This is a story of a legendary jazz band and how its music mesmerized us. Photo by Jes Aznar.
SHANGHAI, China - The thermometer, I suspect, reads four or
five degrees Celsius. It is around 9 in the evening, on this cold winter night
in Shanghai and my step counter says I’ve walked 11,000 steps already, a
thousand more than required.
Twelve hours ago I was in the middle of
Manila’s worsening traffic, navigating my way to the airport, to board a plane
to this Paris of the Orient.
Landing in Shanghai around 4 p.m., I am
brought straight to a posh nightspot, the tree-lined French
Quarter, Xintiandi, which literally means the New Heaven and Earth, for a
sumptuous Chinese dinner.
After dinner, we walk in the crisp cold
winter evening, through the district’s quaint corners and curio shops.
At Nanjing Road, we revel under the dancing city lights glowing under
a bright winter moon.
Finally, we reach the
famed Bund and we stand by the Huangpu River to savor the
view of the city at night.
But by now, I am tired and cold and could
really use a good night’s rest.
Oh, but our gracious host, Ambassador
Carlos Chan, the Philippines’ special envoy to China, insists we should have
some drinks to cap the night.
I can’t very well say no to a 75-year-old
man who doesn’t look tired at all.
And I’m glad I didn’t because he was saving
the best for last, right here inside the Peace Hotel, an iconic
early 20th century gothic-style structure along the Bund.
It is known around the world as an art deco
masterpiece while its amenities and interior were said to rival if not surpass
European and Manhattan’s best.
The hotel, which originally opened on Aug.
1, 1929, is known as Asia’s center of glamor and glitterati for the
rich, famous and nameless from around the world.
It is also a fitting home to a legendary
group.
Indeed, it is here at the Peace Hotel’s
Jazz Bar, a cozy bar with gothic chandeliers, where I find myself face to face
with Shanghai’s legendary Old Jazz Band, playing live jazz music to a huge
crowd.
Until tonight, I have never been up close
with a world famous jazz group or rock band, one whose music could make one’s
heart melt, feel warm all over and fall in love like a little girl.
They all look elegant in their suits and
bow ties, as in the heyday of Shanghai jazz in the 1930s and 40s.
Stepping inside the bar is a trip to a
different era, to Shanghai’s bygone days. The soulful music transports you. You
hear the variety of rhythms, improvisation and the blues. The band makes
you forget where you are; you get lost in the moment. It was a rabbit hole of
sorts.
Indeed, nostalgia rules. And why not? The
Old Jazz Band plays classic jazz, harking back to the 30s and 40s when most of
World War II took place and had a profound effect on Europe and Asia. They play
Beatles songs, too.
The Guinness World Records has acknowledged
the band as the oldest in the world.
The band was official formed in 1980 but
its members have been playing jazz decades earlier. Today, it is composed
of six veteran musicians whose average age is 80.

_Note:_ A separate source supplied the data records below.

-- ===== src/Stream/Run/Attempt.antt =====
-- One failed attempt of a failover session: what it leaves alone.
use tvr.Base.{
  ℕ, zero, suc, ◌<◌, Bool, true, false, List, [], ◌∷◌, Option, none, some, length, get_elem?, ◌≡◌,
  refl, ap, ◌∙◌, arith,
}
use tvr.Upstream.Source.{Upstream, fetch_urls, is_fallback}
use tvr.Stream.Session.{Session, StreamError, ready_timeout}
use tvr.Stream.Ready.{arm_ready_watch, stop_ready_watch, watch_fires}
use tvr.Stream.Walk.{
  apply_current_upstream, urls_at, in_range, begin_pump, pump_start, pump_end, classify_pump_err,
  handle_pump_error, fail_or_advance, should_walk,
}
use tvr.Stream.Walk.Order.{cost}
use tvr.Stream.Run.{Round, Wait, round, pump_once, after_pump}

-- What an attempt leaves alone.
pub record Kept (t u : Session) : Type 0 where
  pub source_kept : u.source ≡ t.source
  pub viewers_kept : u.viewers ≡ t.viewers
  pub stopped_kept : u.stopped ≡ t.stopped
  pub ever_kept : u.ever_ready ≡ t.ever_ready
  pub open_kept : u.ready_closed ≡ t.ready_closed
  pub attempts_kept : u.attempts_before_ready ≡ t.attempts_before_ready
  pub current_kept : u.current_index ≡ t.current_index
  pub candidate_kept : u.candidate_index ≡ t.candidate_index

abbrev pub InRange : Session → Type 0
InRange t =
    (t.current_index < length t.source.upstreams)
    × (t.candidate_index < cost t.source.upstreams t.current_index)

pub upstream_at :
    (ups : List Upstream) (i : ℕ)
    → i < length ups
    → (up : Upstream) × (get_elem? ups i ≡ some up) × (fetch_urls up ≡ urls_at ups i)
upstream_at [] i h = elim h [ ]
upstream_at (up ∷ ups) zero h = (up, refl, refl)
upstream_at (up ∷ ups) (suc i) h = upstream_at ups i (omega arith)

pub apply-Kept : (t : Session) → InRange t → Kept t (apply_current_upstream t)
unfolding apply_current_upstream
apply-Kept t (h, k) =
    let (up, found, urls) = upstream_at t.source.upstreams t.current_index h in
    let here : in_range t.current_index (length t.source.upstreams) ≡ t.current_index =
      ground arith in
    let there : in_range t.candidate_index (length (fetch_urls up)) ≡ t.candidate_index =
      ground (arith, ap length urls) in
    rw (here, apply_current_upstream)
      (rw (found, apply_current_upstream)
        (record {
          source_kept = refl;
          viewers_kept = refl;
          stopped_kept = refl;
          ever_kept = refl;
          open_kept = refl;
          attempts_kept = refl;
          current_kept = here;
          candidate_kept = there;
        }))

-- How an attempt that brings no data ends: the pump fails by itself, or the ready watch fires first and the pump returns
-- whatever it returns then.
pub data Defeat : Type 0 where
  fails : StreamError → Defeat
  times_out : Option StreamError → Defeat

abbrev pub watched : Option ℕ → Session → Session
watched none t = t
watched (some ctx) t = watch_fires ctx t

-- The pump of such an attempt.
abbrev pub dead_pump : Defeat → Session → Session × Option StreamError
dead_pump (fails e) t = (t, some e)
dead_pump (times_out err) t = (watched t.ready_watch t, err)

-- The error that the attempt counts as.
abbrev pub reason : Defeat → StreamError
reason (fails e) = e
reason (times_out err) = ready_timeout

-- What such an attempt leaves before its error is handled.
abbrev pub attempted : Defeat → Session → Session
attempted o t = let (started, ctx) = pump_start t in (pump_end ctx none (dead_pump o started).0).0

pub attempted-Kept : (o : Defeat) (t : Session) → InRange t → Kept t (attempted o t)
unfolding pump_start begin_pump pump_end arm_ready_watch stop_ready_watch watch_fires
attempted-Kept (fails e) t r =
    let k = apply-Kept t r in
    record {
      source_kept = ground (arith, k.source_kept);
      viewers_kept = ground (arith, k.viewers_kept);
      stopped_kept = ground (arith, k.stopped_kept);
      ever_kept = ground (arith, k.ever_kept);
      open_kept = ground (arith, k.open_kept);
      attempts_kept = ground (arith, k.attempts_kept);
      current_kept = ground (arith, k.current_kept);
      candidate_kept = ground (arith, k.candidate_kept);
    }
attempted-Kept (times_out err) t r =
    let k = apply-Kept t r in
    record {
      source_kept = ground (arith, k.source_kept);
      viewers_kept = ground (arith, k.viewers_kept);
      stopped_kept = ground (arith, k.stopped_kept);
      ever_kept = ground (arith, k.ever_kept);
      open_kept = ground (arith, k.open_kept);
      attempts_kept = ground (arith, k.attempts_kept);
      current_kept = ground (arith, k.current_kept);
      candidate_kept = ground (arith, k.candidate_kept);
    }

abbrev pub dead_round : Wait → (Session → Session) → Bool → Defeat → Round
dead_round wait meanwhile stop_first o = record {
  wait = wait;
  meanwhile = meanwhile;
  pump = dead_pump o;
  stop_first = stop_first;
}

abbrev pub Waiting : Session → Type 0
Waiting t =
    (0 < length t.viewers)
    × (t.stopped ≡ false)
    × (t.ever_ready ≡ false)
    × (t.ready_closed ≡ false)
    × (is_fallback t.source ≡ true)

pub round-dead :
    (t : Session) (b : ℕ) (wait : Wait) (meanwhile : Session → Session) (stop_first : Bool)
    (o : Defeat)
    → Waiting t
    → InRange t
    → round (dead_round wait meanwhile stop_first o) (t, b)
      ≡ (let (stop, t') = fail_or_advance (reason o) (attempted o t) in (stop, t', b))
unfolding round pump_once after_pump pump_start begin_pump pump_end classify_pump_err
    arm_ready_watch stop_ready_watch handle_pump_error should_walk watch_fires
round-dead t b wait meanwhile stop_first (fails e) (v, st, ev, op, f) r =
    let k = apply-Kept t r in
    let walks : is_fallback (apply_current_upstream t).source ≡ true =
      ap is_fallback k.source_kept ∙ f in
    ground (arith, walks, k.source_kept, k.viewers_kept, k.stopped_kept, k.ever_kept)
round-dead t b wait meanwhile stop_first (times_out err) (v, st, ev, op, f) r =
    let k = apply-Kept t r in
    let walks : is_fallback (apply_current_upstream t).source ≡ true =
      ap is_fallback k.source_kept ∙ f in
    ground (arith, walks, k.source_kept, k.viewers_kept, k.stopped_kept, k.ever_kept)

Zhou Wanrong, the leader of the band, is 94
years old.
According to an article in the Shanghai
Daily, Zhou was born in 1920 in Wuhan, the capital city of China’s Hubei
province. He studied music at an institute named Juyuan in Wuhan’s former
French concession.
It was in this school where jazz in China
originated.
“I started when I was 14 and studied for
three years,” he says.
However, in the 1930s, Wuhan banned dancing
and jazz, so Zhou moved to Shanghai to form an all-Chinese band in what became
the center of jazz in Asia.
In 2013, German documentary filmmakers Uli
Gaulke and Helge Albers produced a documentary about the group: As Time
Goes By, which followed the band from 2011 to 2012, including its gig at the
North Sea Jazz Festival in Rotterdam.
The band plays here every night. “We’ve
been playing everyday since 1980,“ Zhou says.
The group has attracted a loyal following
through the decades. US presidents Jimmy Carter and
Ronald Reagan have traveled
to Shanghai to listen to them.
We stay for more than an hour. I forget the
time and the biting cold. I am just enjoying the music and getting lost in the
moment.
But soon it is time to go. It is almost 11
in the evening and I am sipping the last of my tea.
The musicians have packed their instruments
and off they walked to a waiting private bus outside the hotel.
I don’t want to leave. But there’s no one
on the stage now; the seats are empty, the spotlights have been dimmed.
Then I realize that hearing them play even
once is enough to make the music linger, to reverberate in the deepest recesses
of my soul, echoing as we walk out into the cold on the Bund.